• [What to produce]: From the entries below, retype only the lines from the one with "replies_fixed reply v says (suc (suc" through the one with "objects-for_each dec key local j xs (start", exactly as written.

[Records from a data collection]
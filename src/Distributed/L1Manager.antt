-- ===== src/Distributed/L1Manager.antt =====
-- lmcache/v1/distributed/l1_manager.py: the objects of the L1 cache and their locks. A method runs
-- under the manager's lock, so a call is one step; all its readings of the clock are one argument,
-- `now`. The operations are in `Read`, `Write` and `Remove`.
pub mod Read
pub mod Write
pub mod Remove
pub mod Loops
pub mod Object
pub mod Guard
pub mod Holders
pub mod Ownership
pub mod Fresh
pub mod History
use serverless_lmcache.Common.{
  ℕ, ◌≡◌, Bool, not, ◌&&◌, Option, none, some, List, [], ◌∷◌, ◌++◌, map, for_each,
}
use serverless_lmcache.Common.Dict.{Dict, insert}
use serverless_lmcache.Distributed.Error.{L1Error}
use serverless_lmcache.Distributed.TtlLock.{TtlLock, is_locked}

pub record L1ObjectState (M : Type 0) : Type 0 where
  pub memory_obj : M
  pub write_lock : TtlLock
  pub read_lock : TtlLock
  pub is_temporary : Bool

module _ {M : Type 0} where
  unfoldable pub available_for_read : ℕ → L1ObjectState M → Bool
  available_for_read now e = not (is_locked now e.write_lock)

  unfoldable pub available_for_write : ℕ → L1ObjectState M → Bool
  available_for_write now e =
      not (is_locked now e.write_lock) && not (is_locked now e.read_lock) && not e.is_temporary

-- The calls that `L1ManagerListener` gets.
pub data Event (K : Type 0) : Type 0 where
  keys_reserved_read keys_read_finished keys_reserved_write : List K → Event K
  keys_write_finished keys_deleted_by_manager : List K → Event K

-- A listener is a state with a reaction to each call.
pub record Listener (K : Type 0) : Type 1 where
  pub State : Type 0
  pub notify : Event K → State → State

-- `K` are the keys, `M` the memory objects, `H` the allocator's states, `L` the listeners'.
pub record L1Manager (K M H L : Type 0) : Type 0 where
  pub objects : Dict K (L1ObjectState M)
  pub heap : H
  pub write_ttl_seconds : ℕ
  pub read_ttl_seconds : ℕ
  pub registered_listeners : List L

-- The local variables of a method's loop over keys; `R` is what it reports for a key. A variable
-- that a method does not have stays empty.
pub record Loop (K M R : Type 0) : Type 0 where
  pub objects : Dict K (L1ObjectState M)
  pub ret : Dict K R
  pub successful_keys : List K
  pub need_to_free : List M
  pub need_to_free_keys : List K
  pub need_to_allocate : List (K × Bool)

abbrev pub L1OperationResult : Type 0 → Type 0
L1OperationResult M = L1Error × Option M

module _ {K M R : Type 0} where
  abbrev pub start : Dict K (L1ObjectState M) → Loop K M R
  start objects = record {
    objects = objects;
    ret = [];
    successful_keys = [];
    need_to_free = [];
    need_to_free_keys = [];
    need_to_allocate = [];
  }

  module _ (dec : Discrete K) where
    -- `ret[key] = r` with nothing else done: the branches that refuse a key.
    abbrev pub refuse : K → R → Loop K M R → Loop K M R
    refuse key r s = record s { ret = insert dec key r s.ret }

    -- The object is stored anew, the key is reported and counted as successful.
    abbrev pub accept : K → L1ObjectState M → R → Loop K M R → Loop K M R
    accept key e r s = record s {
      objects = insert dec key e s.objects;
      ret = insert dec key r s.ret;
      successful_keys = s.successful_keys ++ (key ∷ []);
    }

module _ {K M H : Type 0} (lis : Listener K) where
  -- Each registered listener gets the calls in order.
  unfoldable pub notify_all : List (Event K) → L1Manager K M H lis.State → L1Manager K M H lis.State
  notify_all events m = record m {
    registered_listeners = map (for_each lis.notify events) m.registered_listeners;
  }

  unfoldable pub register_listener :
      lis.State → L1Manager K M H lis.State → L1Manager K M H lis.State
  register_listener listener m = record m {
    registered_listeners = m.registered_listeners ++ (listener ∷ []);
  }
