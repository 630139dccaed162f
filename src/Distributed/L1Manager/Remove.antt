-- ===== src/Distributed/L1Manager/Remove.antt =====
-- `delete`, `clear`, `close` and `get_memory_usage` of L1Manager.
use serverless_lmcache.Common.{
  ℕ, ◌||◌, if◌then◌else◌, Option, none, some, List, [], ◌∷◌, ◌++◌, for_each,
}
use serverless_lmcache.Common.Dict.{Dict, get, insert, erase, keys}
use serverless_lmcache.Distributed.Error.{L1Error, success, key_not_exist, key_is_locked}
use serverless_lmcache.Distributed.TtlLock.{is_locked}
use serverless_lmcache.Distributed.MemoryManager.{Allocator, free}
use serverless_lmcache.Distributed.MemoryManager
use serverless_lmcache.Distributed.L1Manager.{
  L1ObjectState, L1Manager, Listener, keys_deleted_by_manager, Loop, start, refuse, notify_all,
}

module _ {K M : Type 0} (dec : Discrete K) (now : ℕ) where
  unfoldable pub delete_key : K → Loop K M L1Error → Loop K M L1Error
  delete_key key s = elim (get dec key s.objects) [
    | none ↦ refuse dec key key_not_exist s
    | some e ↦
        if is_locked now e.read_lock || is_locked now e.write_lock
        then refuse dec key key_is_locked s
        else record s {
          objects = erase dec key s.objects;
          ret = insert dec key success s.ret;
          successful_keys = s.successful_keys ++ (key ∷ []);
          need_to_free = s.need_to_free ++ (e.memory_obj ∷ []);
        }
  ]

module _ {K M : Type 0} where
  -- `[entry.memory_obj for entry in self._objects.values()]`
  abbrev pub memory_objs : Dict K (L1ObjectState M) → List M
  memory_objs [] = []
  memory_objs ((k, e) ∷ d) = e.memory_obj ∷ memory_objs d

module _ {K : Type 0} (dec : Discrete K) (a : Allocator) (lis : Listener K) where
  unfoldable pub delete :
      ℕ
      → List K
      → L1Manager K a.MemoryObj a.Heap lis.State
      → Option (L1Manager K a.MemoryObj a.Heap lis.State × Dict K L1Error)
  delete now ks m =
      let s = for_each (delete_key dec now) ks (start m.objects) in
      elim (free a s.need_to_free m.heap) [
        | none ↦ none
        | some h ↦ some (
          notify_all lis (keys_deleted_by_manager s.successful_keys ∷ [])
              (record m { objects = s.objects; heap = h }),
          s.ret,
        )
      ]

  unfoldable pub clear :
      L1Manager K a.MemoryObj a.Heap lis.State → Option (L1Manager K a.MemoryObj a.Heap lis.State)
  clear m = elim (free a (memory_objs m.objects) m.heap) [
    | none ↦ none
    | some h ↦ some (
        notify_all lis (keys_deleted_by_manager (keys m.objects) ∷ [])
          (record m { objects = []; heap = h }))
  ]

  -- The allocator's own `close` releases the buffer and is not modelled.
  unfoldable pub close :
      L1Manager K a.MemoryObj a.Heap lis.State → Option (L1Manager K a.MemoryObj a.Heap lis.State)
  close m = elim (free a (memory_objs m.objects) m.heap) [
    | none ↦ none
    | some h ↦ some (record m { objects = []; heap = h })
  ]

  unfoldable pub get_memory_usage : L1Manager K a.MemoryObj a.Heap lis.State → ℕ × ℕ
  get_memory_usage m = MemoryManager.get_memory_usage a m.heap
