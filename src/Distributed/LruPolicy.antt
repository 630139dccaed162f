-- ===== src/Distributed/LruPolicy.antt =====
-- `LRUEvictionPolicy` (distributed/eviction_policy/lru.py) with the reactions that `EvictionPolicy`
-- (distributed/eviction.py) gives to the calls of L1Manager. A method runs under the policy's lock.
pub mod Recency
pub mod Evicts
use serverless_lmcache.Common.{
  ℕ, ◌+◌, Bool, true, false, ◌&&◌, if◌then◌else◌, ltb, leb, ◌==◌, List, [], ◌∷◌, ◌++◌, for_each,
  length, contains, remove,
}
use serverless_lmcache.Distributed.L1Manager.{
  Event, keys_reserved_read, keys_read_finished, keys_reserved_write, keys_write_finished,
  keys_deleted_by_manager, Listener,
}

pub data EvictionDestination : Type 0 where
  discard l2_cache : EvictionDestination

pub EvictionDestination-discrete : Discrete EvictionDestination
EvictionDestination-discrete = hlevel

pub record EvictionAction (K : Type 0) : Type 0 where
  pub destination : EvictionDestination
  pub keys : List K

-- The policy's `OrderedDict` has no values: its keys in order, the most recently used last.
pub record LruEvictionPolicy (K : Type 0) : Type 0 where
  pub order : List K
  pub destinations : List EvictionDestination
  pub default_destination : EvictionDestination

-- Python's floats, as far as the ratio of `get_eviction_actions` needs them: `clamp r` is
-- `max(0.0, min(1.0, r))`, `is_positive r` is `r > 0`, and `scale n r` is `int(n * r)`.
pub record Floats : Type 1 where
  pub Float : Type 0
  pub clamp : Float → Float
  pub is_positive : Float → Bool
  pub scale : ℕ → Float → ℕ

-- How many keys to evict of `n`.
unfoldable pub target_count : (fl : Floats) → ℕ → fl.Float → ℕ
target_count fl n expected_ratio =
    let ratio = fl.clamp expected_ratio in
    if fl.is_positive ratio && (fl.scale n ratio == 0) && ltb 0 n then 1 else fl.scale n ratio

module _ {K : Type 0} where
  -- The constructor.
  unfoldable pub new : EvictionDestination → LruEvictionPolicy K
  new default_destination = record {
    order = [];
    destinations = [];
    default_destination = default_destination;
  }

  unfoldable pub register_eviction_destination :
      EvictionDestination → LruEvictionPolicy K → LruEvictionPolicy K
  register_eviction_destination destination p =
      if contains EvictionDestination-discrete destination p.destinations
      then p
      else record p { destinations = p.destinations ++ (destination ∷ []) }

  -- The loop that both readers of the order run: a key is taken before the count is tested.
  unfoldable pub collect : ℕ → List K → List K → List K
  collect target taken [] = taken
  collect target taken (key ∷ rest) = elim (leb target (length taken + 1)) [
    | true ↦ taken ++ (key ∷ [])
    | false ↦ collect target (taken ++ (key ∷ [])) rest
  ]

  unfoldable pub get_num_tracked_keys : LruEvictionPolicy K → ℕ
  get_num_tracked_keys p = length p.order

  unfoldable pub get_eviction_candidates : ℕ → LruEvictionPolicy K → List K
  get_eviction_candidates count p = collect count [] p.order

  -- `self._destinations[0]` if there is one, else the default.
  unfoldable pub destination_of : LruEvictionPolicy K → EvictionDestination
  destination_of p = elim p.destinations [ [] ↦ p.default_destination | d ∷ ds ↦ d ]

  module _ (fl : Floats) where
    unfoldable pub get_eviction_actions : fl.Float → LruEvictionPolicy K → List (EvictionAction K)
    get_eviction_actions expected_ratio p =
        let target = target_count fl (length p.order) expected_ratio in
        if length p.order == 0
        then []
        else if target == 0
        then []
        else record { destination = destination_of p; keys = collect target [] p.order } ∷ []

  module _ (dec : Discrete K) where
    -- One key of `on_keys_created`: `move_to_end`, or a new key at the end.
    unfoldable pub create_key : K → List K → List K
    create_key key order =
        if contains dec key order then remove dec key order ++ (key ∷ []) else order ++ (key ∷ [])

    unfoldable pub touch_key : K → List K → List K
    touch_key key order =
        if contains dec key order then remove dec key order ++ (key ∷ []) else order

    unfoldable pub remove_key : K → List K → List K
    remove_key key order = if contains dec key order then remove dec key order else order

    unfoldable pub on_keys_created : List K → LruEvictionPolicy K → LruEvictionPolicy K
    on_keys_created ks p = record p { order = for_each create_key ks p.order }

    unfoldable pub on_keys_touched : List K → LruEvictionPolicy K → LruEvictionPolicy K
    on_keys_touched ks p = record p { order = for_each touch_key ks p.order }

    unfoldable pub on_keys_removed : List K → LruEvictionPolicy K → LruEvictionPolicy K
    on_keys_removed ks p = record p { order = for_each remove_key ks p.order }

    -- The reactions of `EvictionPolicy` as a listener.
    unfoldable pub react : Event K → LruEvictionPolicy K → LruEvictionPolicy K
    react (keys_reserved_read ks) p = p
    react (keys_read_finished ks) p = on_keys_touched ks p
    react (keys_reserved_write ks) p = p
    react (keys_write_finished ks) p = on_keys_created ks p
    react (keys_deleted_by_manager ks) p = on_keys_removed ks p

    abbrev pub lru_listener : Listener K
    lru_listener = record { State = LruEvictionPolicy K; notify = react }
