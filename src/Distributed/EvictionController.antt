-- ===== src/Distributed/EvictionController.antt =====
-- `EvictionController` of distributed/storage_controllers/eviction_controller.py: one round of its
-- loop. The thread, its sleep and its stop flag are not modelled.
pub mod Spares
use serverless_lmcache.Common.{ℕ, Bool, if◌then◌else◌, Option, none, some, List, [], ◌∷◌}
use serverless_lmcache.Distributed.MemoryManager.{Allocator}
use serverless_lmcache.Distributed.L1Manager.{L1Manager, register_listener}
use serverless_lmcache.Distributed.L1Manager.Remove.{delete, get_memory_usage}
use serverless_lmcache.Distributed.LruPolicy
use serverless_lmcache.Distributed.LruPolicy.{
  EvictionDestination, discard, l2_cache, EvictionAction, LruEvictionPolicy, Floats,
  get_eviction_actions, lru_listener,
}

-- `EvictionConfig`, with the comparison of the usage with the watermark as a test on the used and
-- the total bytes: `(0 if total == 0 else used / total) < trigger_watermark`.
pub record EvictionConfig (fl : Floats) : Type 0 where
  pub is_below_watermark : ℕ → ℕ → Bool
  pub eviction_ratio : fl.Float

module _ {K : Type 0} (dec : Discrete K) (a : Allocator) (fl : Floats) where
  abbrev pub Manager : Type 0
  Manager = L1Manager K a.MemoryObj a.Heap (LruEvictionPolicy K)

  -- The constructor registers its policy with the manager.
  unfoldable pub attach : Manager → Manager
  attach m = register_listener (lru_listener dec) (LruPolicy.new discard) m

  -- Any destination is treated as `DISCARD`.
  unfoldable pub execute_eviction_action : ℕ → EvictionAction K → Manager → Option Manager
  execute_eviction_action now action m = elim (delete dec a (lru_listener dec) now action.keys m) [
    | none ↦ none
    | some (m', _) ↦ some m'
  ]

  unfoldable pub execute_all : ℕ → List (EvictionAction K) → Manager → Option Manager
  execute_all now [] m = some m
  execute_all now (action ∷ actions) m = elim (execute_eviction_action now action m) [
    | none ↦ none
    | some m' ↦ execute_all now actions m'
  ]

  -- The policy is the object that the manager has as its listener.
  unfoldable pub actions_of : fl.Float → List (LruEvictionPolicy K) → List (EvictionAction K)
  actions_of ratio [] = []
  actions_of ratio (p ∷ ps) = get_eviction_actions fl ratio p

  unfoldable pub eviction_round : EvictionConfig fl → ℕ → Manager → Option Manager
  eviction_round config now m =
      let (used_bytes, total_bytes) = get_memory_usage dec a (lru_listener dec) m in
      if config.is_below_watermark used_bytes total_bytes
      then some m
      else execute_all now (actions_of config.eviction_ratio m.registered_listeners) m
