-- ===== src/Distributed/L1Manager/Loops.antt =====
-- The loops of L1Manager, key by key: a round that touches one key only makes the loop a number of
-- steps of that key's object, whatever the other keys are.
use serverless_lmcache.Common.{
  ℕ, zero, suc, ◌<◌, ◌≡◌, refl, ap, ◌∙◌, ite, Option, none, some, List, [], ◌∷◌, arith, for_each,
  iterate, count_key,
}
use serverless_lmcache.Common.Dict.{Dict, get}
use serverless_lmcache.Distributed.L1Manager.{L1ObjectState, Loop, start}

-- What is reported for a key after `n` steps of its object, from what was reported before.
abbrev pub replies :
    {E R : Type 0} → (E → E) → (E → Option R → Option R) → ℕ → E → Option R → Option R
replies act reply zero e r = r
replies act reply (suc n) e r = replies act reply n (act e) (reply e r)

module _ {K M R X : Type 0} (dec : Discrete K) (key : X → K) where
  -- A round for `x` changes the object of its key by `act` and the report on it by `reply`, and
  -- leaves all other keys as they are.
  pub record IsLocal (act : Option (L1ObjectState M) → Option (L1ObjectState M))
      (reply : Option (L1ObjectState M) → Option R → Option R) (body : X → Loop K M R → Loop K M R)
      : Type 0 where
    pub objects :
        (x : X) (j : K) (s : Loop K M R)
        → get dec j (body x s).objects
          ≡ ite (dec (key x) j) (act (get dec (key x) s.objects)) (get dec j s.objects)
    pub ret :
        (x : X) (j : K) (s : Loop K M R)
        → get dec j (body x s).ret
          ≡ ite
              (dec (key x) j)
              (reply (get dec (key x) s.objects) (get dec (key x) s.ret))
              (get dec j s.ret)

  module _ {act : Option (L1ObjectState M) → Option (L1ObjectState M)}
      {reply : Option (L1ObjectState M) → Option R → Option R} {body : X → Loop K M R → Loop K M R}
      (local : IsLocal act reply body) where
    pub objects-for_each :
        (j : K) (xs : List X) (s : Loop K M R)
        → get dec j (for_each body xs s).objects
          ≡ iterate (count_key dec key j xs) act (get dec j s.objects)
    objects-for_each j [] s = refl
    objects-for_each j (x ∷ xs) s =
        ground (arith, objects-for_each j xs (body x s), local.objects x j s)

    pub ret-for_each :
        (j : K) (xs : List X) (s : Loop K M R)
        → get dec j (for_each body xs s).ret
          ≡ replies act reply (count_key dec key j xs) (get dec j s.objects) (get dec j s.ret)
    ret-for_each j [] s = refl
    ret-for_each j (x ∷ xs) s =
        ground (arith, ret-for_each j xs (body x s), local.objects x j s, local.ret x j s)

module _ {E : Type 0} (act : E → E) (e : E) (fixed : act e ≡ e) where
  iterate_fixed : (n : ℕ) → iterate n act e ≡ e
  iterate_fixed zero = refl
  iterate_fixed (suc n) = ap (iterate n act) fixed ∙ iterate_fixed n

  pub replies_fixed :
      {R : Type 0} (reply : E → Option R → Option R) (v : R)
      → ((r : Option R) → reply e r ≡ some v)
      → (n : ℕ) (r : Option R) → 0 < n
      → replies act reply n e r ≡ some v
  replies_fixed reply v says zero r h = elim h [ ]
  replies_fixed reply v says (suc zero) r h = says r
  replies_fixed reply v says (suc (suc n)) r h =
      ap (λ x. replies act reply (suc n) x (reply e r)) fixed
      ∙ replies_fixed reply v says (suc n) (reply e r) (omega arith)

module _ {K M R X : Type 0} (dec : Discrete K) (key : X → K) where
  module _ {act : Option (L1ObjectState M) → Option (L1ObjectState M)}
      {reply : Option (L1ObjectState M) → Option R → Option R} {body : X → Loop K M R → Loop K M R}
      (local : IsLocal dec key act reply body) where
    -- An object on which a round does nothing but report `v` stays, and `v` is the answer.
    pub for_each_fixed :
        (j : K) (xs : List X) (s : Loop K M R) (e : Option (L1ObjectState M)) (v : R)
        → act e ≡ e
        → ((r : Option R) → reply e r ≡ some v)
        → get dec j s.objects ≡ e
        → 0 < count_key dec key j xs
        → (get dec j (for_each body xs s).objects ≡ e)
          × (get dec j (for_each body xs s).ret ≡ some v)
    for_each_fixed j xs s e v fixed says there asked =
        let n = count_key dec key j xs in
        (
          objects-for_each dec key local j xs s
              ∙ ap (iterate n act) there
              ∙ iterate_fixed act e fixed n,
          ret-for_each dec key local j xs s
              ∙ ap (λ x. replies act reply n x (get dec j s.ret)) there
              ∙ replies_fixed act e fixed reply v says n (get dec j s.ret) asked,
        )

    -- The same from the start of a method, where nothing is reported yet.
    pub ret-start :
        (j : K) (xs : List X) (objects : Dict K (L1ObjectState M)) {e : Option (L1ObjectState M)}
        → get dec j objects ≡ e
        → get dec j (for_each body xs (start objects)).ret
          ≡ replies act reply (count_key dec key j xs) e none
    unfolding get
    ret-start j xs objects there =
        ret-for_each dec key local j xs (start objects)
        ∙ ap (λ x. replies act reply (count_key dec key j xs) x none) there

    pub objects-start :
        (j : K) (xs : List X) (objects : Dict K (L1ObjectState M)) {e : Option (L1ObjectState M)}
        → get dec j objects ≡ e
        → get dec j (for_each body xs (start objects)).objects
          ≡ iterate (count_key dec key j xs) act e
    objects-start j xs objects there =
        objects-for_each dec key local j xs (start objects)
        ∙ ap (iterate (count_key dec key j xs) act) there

• [Response area]:
  replies_fixed reply v says (suc (suc n)) r h =
      ap (λ x. replies act reply (suc n) x (reply e r)) fixed
      ∙ replies_fixed reply v says (suc n) (reply e r) (omega arith)

module _ {K M R X : Type 0} (dec : Discrete K) (key : X → K) where
  module _ {act : Option (L1ObjectState M) → Option (L1ObjectState M)}
      {reply : Option (L1ObjectState M) → Option R → Option R} {body : X → Loop K M R → Loop K M R}
      (local : IsLocal dec key act reply body) where
    -- An object on which a round does nothing but report `v` stays, and `v` is the answer.
    pub for_each_fixed :
        (j : K) (xs : List X) (s : Loop K M R) (e : Option (L1ObjectState M)) (v : R)
        → act e ≡ e
        → ((r : Option R) → reply e r ≡ some v)
        → get dec j s.objects ≡ e
        → 0 < count_key dec key j xs
        → (get dec j (for_each body xs s).objects ≡ e)
          × (get dec j (for_each body xs s).ret ≡ some v)
    for_each_fixed j xs s e v fixed says there asked =
        let n = count_key dec key j xs in
        (
          objects-for_each dec key local j xs s
              ∙ ap (iterate n act) there
              ∙ iterate_fixed act e fixed n,
          ret-for_each dec key local j xs s
              ∙ ap (λ x. replies act reply n x (get dec j s.ret)) there
              ∙ replies_fixed act e fixed reply v says n (get dec j s.ret) asked,
        )

    -- The same from the start of a method, where nothing is reported yet.
    pub ret-start :
        (j : K) (xs : List X) (objects : Dict K (L1ObjectState M)) {e : Option (L1ObjectState M)}
        → get dec j objects ≡ e
        → get dec j (for_each body xs (start objects)).ret
          ≡ replies act reply (count_key dec key j xs) e none
    unfolding get
    ret-start j xs objects there =
        ret-for_each dec key local j xs (start objects)
        ∙ ap (λ x. replies act reply (count_key dec key j xs) x none) there

    pub objects-start :
        (j : K) (xs : List X) (objects : Dict K (L1ObjectState M)) {e : Option (L1ObjectState M)}
        → get dec j objects ≡ e
        → get dec j (for_each body xs (start objects)).objects
          ≡ iterate (count_key dec key j xs) act e
    objects-start j xs objects there =
        objects-for_each dec key local j xs (start objects)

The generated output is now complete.